Genesis: What CueCat Returns in the Raw
Analyzing the Coding
Cryptoanalysis, using known-plaintext attack
Checking Our Crypto-Work
The Final Two Code Positions
Putting It All Together
Conclusions
So What's Next? (humor)

Goal
There have been claims that some people have gone to extreme lengths to determine the output scheme for the Digital Convergence CueCat.
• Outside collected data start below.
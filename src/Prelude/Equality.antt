-- ===== src/Prelude/Equality.antt =====
-- `===` and `includes` of the source, for every type with a decidable equality.
use mathlib.Core.Path.{◌≡◌}
use mathlib.Core.Logic.{◌↔◌}
use mathlib.Core.Bool.{Bool, true, false}
use mathlib.Core.Option.{Option, none, some}
use mathlib.Core.List.{List, [], ◌∷◌}
use Prim.Native.Nat.{ℕ}
use native.Mathlib.Omega.{arith}
use guardian_backend_service.Prelude.Tests.{◌==◌, if◌then◌else◌}

pub record Eq (A : Type 0) : Type 0 where
  pub beq : A → A → Bool
  pub beq_iff : (a b : A) → (beq a b ≡ true) ↔ (a ≡ b)

infix 50 ◌===◌
abbrev pub ◌===◌ : {A : Type 0} ⦃e : Eq A⦄ → A → A → Bool
◌===◌ ⦃e⦄ = e.beq

abbrev pub includes : {A : Type 0} ⦃e : Eq A⦄ → List A → A → Bool
includes [] a = false
includes (x ∷ xs) a = if x === a then true else includes xs a

pub nat_beq_iff : (a b : ℕ) → ((a == b) ≡ true) ↔ (a ≡ b)
nat_beq_iff a b = (λ h. ground arith, λ h. ground arith)

instance abbrev pub nat_eq : Eq ℕ
nat_eq = record { beq = ◌==◌; beq_iff = nat_beq_iff }

-- `a === b` where `a` may be null
abbrev pub is_the : {A : Type 0} ⦃e : Eq A⦄ → Option A → A → Bool
is_the none b = false
is_the (some a) b = a === b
This essay
intends to show that the determination of the output of the CueCat is simple and straightforward, and requires a minimum of effort and cryptoanalysis.
The other purpose of this essay is to show that the intent of the encoding scheme is not to "protect" the output from being misused, but instead the output was
designed to be placed into a URL with a minimum of post-processing on the part of the program that sends barcode output to a central site.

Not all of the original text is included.